Submitted to: Methods in Molecular Biology
Publication Type: Peer Reviewed Journal
Publication Acceptance Date: June 26, 2007
Publication Date: January 3, 2008
Citation: Bhagwat, A.A., Patel, J.R., Chua, T., Chan, A., Cruz, S., Gonzalez, A., Gustavo, A. 2008. Detection of salmonella species in foodstuffs. Methods in Molecular Biology. 439:33-43.
Interpretive Summary: Current methods used to detect harmful bacteria (human pathogens) on food require at least 2 to 3 days and up to 1 week. Because of the short shelf-life of ready-to-eat foods and fresh produce, faster methods to detect the presence of human pathogens are needed. The industry and several law enforcement agencies such as FDA and FSIS also need the ability to test for human pathogens, such as Salmonella, on many samples in a short time. In this study, we describe a step-by-step protocol that we developed using cutting edge biotechnology. The new molecular method allows for near-instantaneous detection of the presence and number of Salmonella bacteria. It requires less than 24 hours and is compatible with planned screening of a large number of samples. Rapid detection of Salmonella spp. is a crucial step in keeping fruits, vegetables, and other ready-to-eat foods safe. Both the food industry and consumers will benefit from the results of this research.

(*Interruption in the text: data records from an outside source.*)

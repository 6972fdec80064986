-- ===== src/PermissionSync/Committed.antt =====
-- What the last transaction of a delegated run leaves in the documents' rows.
use knowledge_graph_mvp.Prelude.{
  In, List, String, Text, [], ap, arith, eq_of_==, false, inl, inr, list_eq, nat_eq, refl, some,
  string_eq, subst, sym, true, ℕ, ◌&&◌, ◌==◌, ◌∙◌, ◌∷◌, ◌≡◌, ◌⊎◌,
}
use knowledge_graph_mvp.PermissionSync.Scan.{exclude}
use knowledge_graph_mvp.Models.{SourceDocument, AclDb, In-update_where}
use knowledge_graph_mvp.PermissionSync.State.{SyncResult}
use knowledge_graph_mvp.PermissionSync.Run.{
  enable_documents, exclude_documents, commit_verified_documents, is_current_version, verify,
}

-- The row is none of those that the run excludes.
abbrev pub IsSpared : ℕ → List (ℕ × String) → SourceDocument → Type 0
IsSpared connection_id xs d =
    (x : ℕ × String) → In x xs → d.pk ≡ x.0 → d.connection ≡ connection_id → ⊥

module _ (connection_id : ℕ) (revision : Text) (now : ℕ) where
  -- The row is still the one that was judged, and has the evidence of this run.
  pub record IsVerified (es : List (ℕ × Text)) (d : SourceDocument) : Type 0 where
    pub entry : ℕ × Text
    pub listed : In entry es
    pub of_document : d.pk ≡ entry.0
    pub of_connection : d.connection ≡ connection_id
    pub in_scope : d.active_in_scope ≡ true
    pub same_version : d.source_permissions_version ≡ entry.1
    pub proven_version : d.spicedb_permissions_version ≡ entry.1
    pub at_revision : d.spicedb_revision ≡ revision
    pub verified_at : d.spicedb_verified_at ≡ some now

  verify-IsVerified :
      (e : ℕ × Text) (es : List (ℕ × Text)) (old d : SourceDocument)
      → In e es
      → is_current_version connection_id revision now e old ≡ true
      → d ≡ verify connection_id revision now (e.1) old
      → IsVerified es d
  unfolding is_current_version verify
  verify-IsVerified (pk, version) es old d i h p = subst (IsVerified es) (sym p) (record {
    entry = (pk, version);
    listed = i;
    of_document = eq_of_== old.pk pk (ground arith);
    of_connection = eq_of_== old.connection connection_id (ground arith);
    in_scope = ground arith;
    same_version = eq_of_== old.source_permissions_version version (ground arith);
    proven_version = refl;
    at_revision = refl;
    verified_at = refl;
  })

  later :
      (e : ℕ × Text) (es : List (ℕ × Text)) (d : SourceDocument)
      → IsVerified es d
      → IsVerified (e ∷ es) d
  later e es d v = record {
    entry = v.entry;
    listed = inr v.listed;
    of_document = v.of_document;
    of_connection = v.of_connection;
    in_scope = v.in_scope;
    same_version = v.same_version;
    proven_version = v.proven_version;
    at_revision = v.at_revision;
    verified_at = v.verified_at;
  }

  enable_documents-row :
      (es : List (ℕ × Text)) (n : ℕ) (rows : List SourceDocument) (d : SourceDocument)
      → In d ((enable_documents connection_id revision now es (n, rows)).1)
      → In d rows ⊎ IsVerified es d
  unfolding enable_documents
  enable_documents-row [] n rows d i = inl i
  enable_documents-row (e ∷ es) n rows d i = elim (enable_documents-row es _ _ d i) [
    | inr v ↦ inr (later e es d v)
    | inl j ↦
        let (old, k, h) = In-update_where _ _ d rows j in
        elim h [
          | inl (t, p) ↦ inr (verify-IsVerified e (e ∷ es) old d (inl refl) t p)
          | inr (t, p) ↦ inl (subst (λ x. In x rows) (sym p) k)
        ]
  ]

  exclude_documents-row :
      (xs : List (ℕ × String)) (rows : List SourceDocument) (d : SourceDocument)
      → In d (exclude_documents connection_id revision now xs rows)
      → (In d rows × IsSpared connection_id xs d) ⊎ (d.retrieval_eligible ≡ false)
  unfolding exclude_documents exclude
  exclude_documents-row [] rows d i = inl (i, λ x z p q. absurd z)
  exclude_documents-row (x ∷ xs) rows d i = elim (exclude_documents-row xs _ d i) [
    | inr e ↦ inr e
    | inl (j, spared) ↦
        let (old, k, h) = In-update_where _ _ d rows j in
        elim h [
          | inl (t, p) ↦ inr (ap (λ z. z.retrieval_eligible) p)
          | inr (t, p) ↦ inl (
            subst (λ z. In z rows) (sym p) k,
            λ y m a b. elim m [
              | inl q ↦
                  missed (x.0) old t (ap (λ z. z.pk) (sym p) ∙ a ∙ ap (λ z. z.0) q)
                    (ap (λ z. z.connection) (sym p) ∙ b)
              | inr m' ↦ spared y m' a b
            ],
          )
        ]
  ]
    where
      missed :
          (pk : ℕ) (old : SourceDocument)
          → old.pk == pk && old.connection == connection_id ≡ false
          → old.pk ≡ pk
          → old.connection ≡ connection_id
          → ⊥
      missed pk old t a b = ground arith

  -- A row that is eligible behind the commit has the evidence of this run, or is as it was before;
  -- in both cases the run does not exclude it.
  pub commit-row :
      (result : SyncResult) (db : AclDb) (d : SourceDocument)
      → In d ((commit_verified_documents connection_id revision now result db).1).tables.documents
      → d.retrieval_eligible ≡ true
      → IsSpared connection_id result.excluded_document_reasons d
        × (IsVerified result.eligible_document_versions d ⊎ In d db.tables.documents)
  unfolding commit_verified_documents
  commit-row result db d i h = elim (exclude_documents-row result.excluded_document_reasons _ d i) [
    | inr e ↦ absurd (ground arith)
    | inl (j, spared) ↦ (
      spared,
      elim (enable_documents-row result.eligible_document_versions 0 db.tables.documents d j) [
        | inl k ↦ inr k
        | inr v ↦ inl v
      ],
    )
  ]
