module _ {D : Type 0} (s : SpiceDb) (law : Serves s) (verified_at finished_at : ℕ)
    (meanwhile : AclDb → AclDb) (run : PermissionSyncRun) (env : Env) where
  -- The end of a run behind its desired state.
  finish_run-IsSynchronized :
      (resources : List DrivePermissionResource) (resolved : Option (List (Text × GroupMembership)))
      (scanned db' : AclDb) (d d' : D) (w w' : s.World) (r : PermissionSyncRun)
      → validate_acyclic (active_folders scanned run.connection) ≡ ok tt
      → finish_run s verified_at finished_at meanwhile run resources
          (build_state env run.connection scanned (groups_of scanned run.connection) resolved)
          scanned
          d
          (reconcile s
            (connection_prefix run.connection)
            (build_state env run.connection scanned
              (groups_of scanned run.connection)
              resolved).desired
            w)
        ≡ (ok r, db', d', w')
      → IsSynchronized env s law run.connection scanned (meanwhile scanned) db' resolved w w'
  unfolding finish_run fail_run save_run
  finish_run-IsSynchronized resources resolved scanned db' d d' w w' r acyclic h =
      split (reconcile s (connection_prefix run.connection) result.desired w) refl h
    where
      result : SyncResult
      result = build_state env run.connection scanned (groups_of scanned run.connection) resolved

      split :
          (p : Result SyncException Reconciled × s.World)
          → reconcile s (connection_prefix run.connection) result.desired w ≡ p
          → finish_run s verified_at finished_at meanwhile run resources result scanned d p
            ≡ (ok r, db', d', w')
          → IsSynchronized env s law run.connection scanned (meanwhile scanned) db' resolved w w'
      split (err e, w2) q k = cc
      split (ok written, w2) q k =
          let (clean, exact) =
            reconcile-exact_written s law (connection_prefix run.connection) result.desired w w2
              written q in
          let same_w : w2 ≡ w' = ap (λ p. p.3) k in
          let same_rows = ap (λ p. (p.1).tables.documents) k in
          record {
            acyclic = no_cycle scanned run.connection acyclic;
            exact =
                subst
                  (λ v.
                    (t : PermissionTuple)
                    → In t (law.tuples v) ↔ (
                        In t result.desired
                        ⊎ (In t (law.tuples w)
                            × (starts_with (connection_prefix run.connection) t.resource_id
                                ≡ false))))
                  same_w exact;
            rows = λ row i h.
                let (spared, place) =
                  commit-row run.connection written.revision verified_at result (meanwhile scanned)
                    row (subst (In row) (sym same_rows) i) h in
                elim place [
                  | inr j ↦ inr (j, spared)
                  | inl v ↦ inl (
                      subst (λ x. IsProven env s law run.connection scanned resolved x row) same_w
                        (proven s law verified_at run env scanned resolved w2 written.revision row v
                          (λ t i. (exact t).1 (inl i))))
                ];
          }

  module _ (resolve : ℕ → List Text → D → Option (List (Text × GroupMembership)) × D)
      (marker now : ℕ)
      (list_resources : DriveConnection
        → D
        → Result String (List DrivePermissionResource) × D) where
    -- What a run has done behind a scan, with the groups as they were resolved from `d`.
    abbrev pub IsSynchronizedFrom : AclDb → AclDb → D → s.World → s.World → Type 0
    IsSynchronizedFrom scanned db' d w w' =
        IsSynchronized env s law run.connection scanned (meanwhile scanned) db'
          ((resolve_groups resolve run.connection scanned d).0) w w'

    -- What a run that returned has done: its connection has the delegated authority, and all that
    -- Drive listed has been scanned.
    pub record HasSynchronized (db db' : AclDb) (d : D) (w w' : s.World) : Type 0 where
      pub connection : DriveConnection
      pub is_connection : get_connection db.tables run.connection ≡ some connection
      pub is_delegated : connection.permission_authority ≡ delegated_acl
      pub resources : List DrivePermissionResource
      pub after_listing : D
      pub are_listed : list_resources connection d ≡ (ok resources, after_listing)
      pub synchronized :
          IsSynchronizedFrom
            (persist_complete_scan env run.connection marker now resources db)
            db'
            after_listing
            w
            w'

    sync_desired-IsSynchronizedFrom :
        (resources : List DrivePermissionResource) (scanned db' : AclDb) (d d' : D) (w w' : s.World)
        (r : PermissionSyncRun)
        → sync_desired s verified_at finished_at meanwhile run resources scanned w
            (desired_state resolve env run.connection scanned d)
          ≡ (ok r, db', d', w')
        → IsSynchronizedFrom scanned db' d w w'
    unfolding sync_desired fail_run
    sync_desired-IsSynchronizedFrom resources scanned db' d d' w w' r h =
        split (desired_state resolve env run.connection scanned d) refl h
      where
        split :
            (p : Result SyncException SyncResult × D)
            → desired_state resolve env run.connection scanned d ≡ p
            → sync_desired s verified_at finished_at meanwhile run resources scanned w p
              ≡ (ok r, db', d', w')
            → IsSynchronizedFrom scanned db' d w w'
        split (err e, d1) q k = cc
        split (ok result, d1) q k =
            let (acyclic, same) =
              desired_state-ok resolve env run.connection scanned d d1 result q in
            finish_run-IsSynchronized resources _ scanned db' d1 d' w w' r acyclic (
              subst
                (λ x.
                  finish_run s verified_at finished_at meanwhile run resources x scanned d1
                    (reconcile s (connection_prefix run.connection) x.desired w)
                  ≡ (ok r, db', d', w'))
                same k)

    sync_listed-HasSynchronized :
        (connection : DriveConnection) (db db' : AclDb) (d d' : D) (w w' : s.World)
        (r : PermissionSyncRun)
        → get_connection db.tables run.connection ≡ some connection
        → connection.permission_authority ≡ delegated_acl
        → (p : Result String (List DrivePermissionResource) × D) → list_resources connection d ≡ p
        → sync_listed s verified_at finished_at meanwhile run resolve env marker now db w p
          ≡ (ok r, db', d', w')
        → HasSynchronized db db' d w w'
    unfolding sync_listed fail_run
    sync_listed-HasSynchronized connection db db' d d' w w' r c a (err name, d1) l h = cc
    sync_listed-HasSynchronized connection db db' d d' w w' r c a (ok resources, d1) l h = record {
      connection = connection;
      is_connection = c;
      is_delegated = a;
      resources = resources;
      after_listing = d1;
      are_listed = l;
      synchronized = sync_desired-IsSynchronizedFrom resources _ db' d1 d' w w' r h;
    }

    sync_connection-HasSynchronized :
        (o : Option DriveConnection) (db db' : AclDb) (d d' : D) (w w' : s.World)
        (r : PermissionSyncRun)
        → get_connection db.tables run.connection ≡ o
        → sync_connection s verified_at finished_at meanwhile run resolve env marker now
            list_resources o db d w
          ≡ (ok r, db', d', w')
        → HasSynchronized db db' d w w'
    unfolding sync_connection
    sync_connection-HasSynchronized none db db' d d' w w' r c h = cc
    sync_connection-HasSynchronized (some connection) db db' d d' w w' r c h =
        elim (Bool-cases (not (connection.permission_authority == delegated_acl))) [
          | inl e ↦ absurd (refused (rw (e, sync_connection) at h))
          | inr e ↦
              sync_listed-HasSynchronized connection db db' d d' w w' r c
                (eq_of_== connection.permission_authority delegated_acl (true_of_not _ e))
                (list_resources connection d) refl (rw (e, sync_connection) at h)
        ]
      where
        refused :
            ◌≡◌ {A = Ended D s.World}
              (err "permission_authority_mismatch", save_refused finished_at run db, d, w)
              (ok r, db', d', w')
            → ⊥
        refused q = cc

    -- A run that returns, on a SpiceDB server that keeps its laws, is of a connection with the
    -- delegated authority, has scanned all that Drive listed, and found no cycle of folders. The
    -- relationships of the connection are exactly the desired ones afterwards, all others are kept, and
    -- each eligible document is proven by the run, or left as other processes have it and not excluded.
    pub synchronize_permissions-HasSynchronized :
        (db db' : AclDb) (d d' : D) (w w' : s.World) (r : PermissionSyncRun)
        → synchronize_permissions s verified_at finished_at meanwhile run resolve env marker now
            list_resources db d w
          ≡ (ok r, db', d', w')
        → HasSynchronized db db' d w w'
    unfolding synchronize_permissions
    synchronize_permissions-HasSynchronized db db' d d' w w' r h =
        sync_connection-HasSynchronized (get_connection db.tables run.connection) db db' d d' w w' r
          refl h
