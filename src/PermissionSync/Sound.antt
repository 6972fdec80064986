-- ===== src/PermissionSync/Sound.antt =====
-- The evidence of the documents through a delegated run: nothing but the commit gives any, and an
-- eligible document is in scope.
use knowledge_graph_mvp.Prelude.{
  Bool, Bool-cases, In, List, Option, String, [], ap, arith, false, if◌then◌else◌, inl, inr,
  list_eq, nat_eq, none, not, refl, some, string_eq, subst, sym, true, ℕ, ◌&&◌, ◌==◌, ◌∙◌, ◌∷◌, ◌≡◌,
}
use knowledge_graph_mvp.Models.{Env, SourceDocument, AclDb, In-update_where, update_where}
use knowledge_graph_mvp.PermissionSync.Scan.{
  DrivePermissionResource, exclude, seen_document, set_reason, leave_scope, is_unseen_document,
  mark_incomplete, persisted_documents, persist_folder, persist_document, persist_resources, sweep,
  persist_complete_scan,
}

-- The same row, with the same evidence.
pub record HasEvidenceOf (old d : SourceDocument) : Type 0 where
  pub same_pk : old.pk ≡ d.pk
  pub was_eligible : old.retrieval_eligible ≡ true
  pub same_version : old.spicedb_permissions_version ≡ d.spicedb_permissions_version
  pub same_revision : old.spicedb_revision ≡ d.spicedb_revision
  pub same_time : old.spicedb_verified_at ≡ d.spicedb_verified_at

-- An eligible document is in scope.
abbrev pub IsSound : SourceDocument → Type 0
IsSound d = d.retrieval_eligible ≡ true → d.active_in_scope ≡ true

abbrev pub AllSound : List SourceDocument → Type 0
AllSound rows = (d : SourceDocument) → In d rows → IsSound d

-- No row has become eligible, or has got other evidence, and sound rows have stayed so.
pub record Keeps (rows rows' : List SourceDocument) : Type 0 where
  pub no_new :
      (d : SourceDocument)
      → In d rows'
      → d.retrieval_eligible ≡ true
      → (old : SourceDocument) × In old rows × HasEvidenceOf old d
  pub sound : AllSound rows → AllSound rows'

HasEvidenceOf-refl : (d : SourceDocument) → d.retrieval_eligible ≡ true → HasEvidenceOf d d
HasEvidenceOf-refl d h = record {
  same_pk = refl;
  was_eligible = h;
  same_version = refl;
  same_revision = refl;
  same_time = refl;
}

HasEvidenceOf-trans :
    (a b c : SourceDocument) → HasEvidenceOf a b → HasEvidenceOf b c → HasEvidenceOf a c
HasEvidenceOf-trans a b c h k = record {
  same_pk = h.same_pk ∙ k.same_pk;
  was_eligible = h.was_eligible;
  same_version = h.same_version ∙ k.same_version;
  same_revision = h.same_revision ∙ k.same_revision;
  same_time = h.same_time ∙ k.same_time;
}

pub Keeps-refl : (rows : List SourceDocument) → Keeps rows rows
Keeps-refl rows = record { no_new = λ d i h. (d, i, HasEvidenceOf-refl d h); sound = λ s. s }

pub Keeps-trans : (a b c : List SourceDocument) → Keeps a b → Keeps b c → Keeps a c
Keeps-trans a b c h k = record {
  no_new = λ d i e.
      let (m, j, p) = k.no_new d i e in
      let (o, l, q) = h.no_new m j p.was_eligible in (o, l, HasEvidenceOf-trans o m d q p);
  sound = λ s. k.sound (h.sound s);
}

Keeps-update_where :
    (test : SourceDocument → Bool) (change : SourceDocument → SourceDocument)
    (rows : List SourceDocument)
    → ((d : SourceDocument) → (change d).retrieval_eligible ≡ true → HasEvidenceOf d (change d))
    → ((d : SourceDocument) → IsSound d → IsSound (change d))
    → Keeps rows (update_where test change rows)
Keeps-update_where test change rows same sound = record {
  no_new = λ d i h.
      let (old, j, k) = In-update_where test change d rows i in
      (
        old,
        j,
        elim k [
          | inl (t, p) ↦
              subst (HasEvidenceOf old) (sym p)
                (same old (ap (λ z. z.retrieval_eligible) (sym p) ∙ h))
          | inr (t, p) ↦
              subst (HasEvidenceOf old) (sym p)
                (HasEvidenceOf-refl old (ap (λ z. z.retrieval_eligible) (sym p) ∙ h))
        ],
      );
  sound = λ s d i.
      let (old, j, k) = In-update_where test change d rows i in
      elim k [
        | inl (t, p) ↦ subst IsSound (sym p) (sound old (s old j))
        | inr (t, p) ↦ subst IsSound (sym p) (s old j)
      ];
}

-- The changes of a scan.
pub exclude-Keeps :
    (test : SourceDocument → Bool) (now : ℕ) (reason : String) (rows : List SourceDocument)
    → Keeps rows (update_where test (exclude now reason) rows)
unfolding exclude
exclude-Keeps test now reason rows =
    Keeps-update_where test (exclude now reason) rows (λ d h. absurd (ground arith))
      (λ d s h. absurd (ground arith))

module _ (env : Env) (connection_id marker now : ℕ) where
  seen-Keeps :
      (test : SourceDocument → Bool) (r : DrivePermissionResource) (rows : List SourceDocument)
      → Keeps rows (update_where test (seen_document env connection_id marker now r) rows)
  unfolding seen_document
  seen-Keeps test r rows =
      Keeps-update_where test (seen_document env connection_id marker now r) rows
        (λ d h. record {
          same_pk = refl;
          was_eligible = h;
          same_version = refl;
          same_revision = refl;
          same_time = refl;
        })
        (λ d s h. refl)

  reason-Keeps :
      (test : SourceDocument → Bool) (reason : String) (rows : List SourceDocument)
      → Keeps rows (update_where test (set_reason env connection_id marker now reason) rows)
  unfolding set_reason
  reason-Keeps test reason rows =
      Keeps-update_where test (set_reason env connection_id marker now reason) rows
        (λ d h. record {
          same_pk = refl;
          was_eligible = h;
          same_version = refl;
          same_revision = refl;
          same_time = refl;
        })
        (λ d s h. s h)

  leave-Keeps :
      (test : SourceDocument → Bool) (rows : List SourceDocument)
      → Keeps rows (update_where test (leave_scope env connection_id marker now) rows)
  unfolding leave_scope exclude
  leave-Keeps test rows =
      Keeps-update_where test (leave_scope env connection_id marker now) rows
        (λ d h. absurd (ground arith)) (λ d s h. absurd (ground arith))

  mark_incomplete-Keeps :
      (r : DrivePermissionResource) (o : Option SourceDocument) (rows : List SourceDocument)
      → Keeps rows (mark_incomplete env connection_id marker now r o rows)
  unfolding mark_incomplete
  mark_incomplete-Keeps r none rows = Keeps-refl rows
  mark_incomplete-Keeps r (some document) rows = elim (Bool-cases r.permissions_fetch_failed) [
    | inl e ↦ rw e (reason-Keeps (λ d. d.pk == document.pk) "permission_metadata_incomplete" rows)
    | inr e ↦ rw e (Keeps-refl rows)
  ]

  persisted_documents-Keeps :
      (r : DrivePermissionResource) (rows : List SourceDocument)
      → Keeps rows (persisted_documents env connection_id marker now r rows)
  unfolding persisted_documents
  persisted_documents-Keeps r rows =
      Keeps-trans rows _ _ (seen-Keeps _ r rows) (mark_incomplete-Keeps r _ _)

  resource-Keeps :
      (r : DrivePermissionResource) (is_folder : Bool) (db : AclDb)
      → Keeps db.tables.documents
          (if is_folder
            then persist_folder env connection_id marker now r db
            else persist_document env connection_id marker now r db).tables.documents
  unfolding persist_folder persist_document
  resource-Keeps r true db = Keeps-refl db.tables.documents
  resource-Keeps r false db = persisted_documents-Keeps r db.tables.documents

  persist_resources-Keeps :
      (rs : List DrivePermissionResource) (db : AclDb)
      → Keeps db.tables.documents
          (persist_resources env connection_id marker now rs db).tables.documents
  unfolding persist_resources
  persist_resources-Keeps [] db = Keeps-refl db.tables.documents
  persist_resources-Keeps (r ∷ rs) db =
      Keeps-trans db.tables.documents _ _ (resource-Keeps r (r.resource_type == "folder") db)
        (persist_resources-Keeps rs _)

  pub persist_complete_scan-Keeps :
      (rs : List DrivePermissionResource) (db : AclDb)
      → Keeps db.tables.documents
          (persist_complete_scan env connection_id marker now rs db).tables.documents
  unfolding persist_complete_scan sweep
  persist_complete_scan-Keeps rs db =
      Keeps-trans db.tables.documents _ _ (persist_resources-Keeps rs db) (leave-Keeps _ _)

  -- Behind the scan every active document of the connection has been seen by it.
  pub persist_complete_scan-seen :
      (rs : List DrivePermissionResource) (db : AclDb) (d : SourceDocument)
      → In d (persist_complete_scan env connection_id marker now rs db).tables.documents
      → d.connection ≡ connection_id
      → d.active_in_scope ≡ true
      → d.last_seen_sync_marker ≡ marker
  unfolding persist_complete_scan sweep leave_scope is_unseen_document
  persist_complete_scan-seen rs db d i c a =
      let (old, j, k) =
        In-update_where (is_unseen_document env connection_id marker now)
          (leave_scope env connection_id marker now) d
          (persist_resources env connection_id marker now rs db).tables.documents i in
      elim k [
        | inl (t, p) ↦ absurd (gone (ap (λ z. z.active_in_scope) p) a)
        | inr (t, p) ↦
            ap (λ z. z.last_seen_sync_marker) p
            ∙ marked old t (ap (λ z. z.connection) (sym p) ∙ c)
                (ap (λ z. z.active_in_scope) (sym p) ∙ a)
      ]
    where
      gone : d.active_in_scope ≡ false → d.active_in_scope ≡ true → ⊥
      gone x y = cc

      marked :
          (old : SourceDocument)
          → old.connection == connection_id
              && (old.active_in_scope && not (old.last_seen_sync_marker == marker))
            ≡ false
          → old.connection ≡ connection_id
          → old.active_in_scope ≡ true
          → old.last_seen_sync_marker ≡ marker
      marked old t x y = ground arith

Conventional methods to detect Salmonella spp. in foodstuffs may take up to one week. Considering the limited shelf life of ready-to-eat foods as well as fresh produce, rapid methods for pathogen detection are required. Real-time detection of Salmonella spp. will broaden our ability to screen large number of samples in a short time. This chapter describes step-by-step procedure using an oligonucleotide probe that becomes fluorescent upon hybridization to the target DNA (Molecular Beacon; MB) in a real-time polymerase chain reaction (PCR) assay. The capability of the assay to detect Salmonella species from artificially-inoculated fresh- and fresh-cut produce as well as deli-style meats is demonstrated. The method uses internal positive and negative controls which enable researchers to detect false-negative PCR results. The procedure uses the buffered peptone water for the enrichment of Salmonella spp. and successfully detects the pathogen at low level of contamination (2-4 cells/25 g) in less than 24 hours.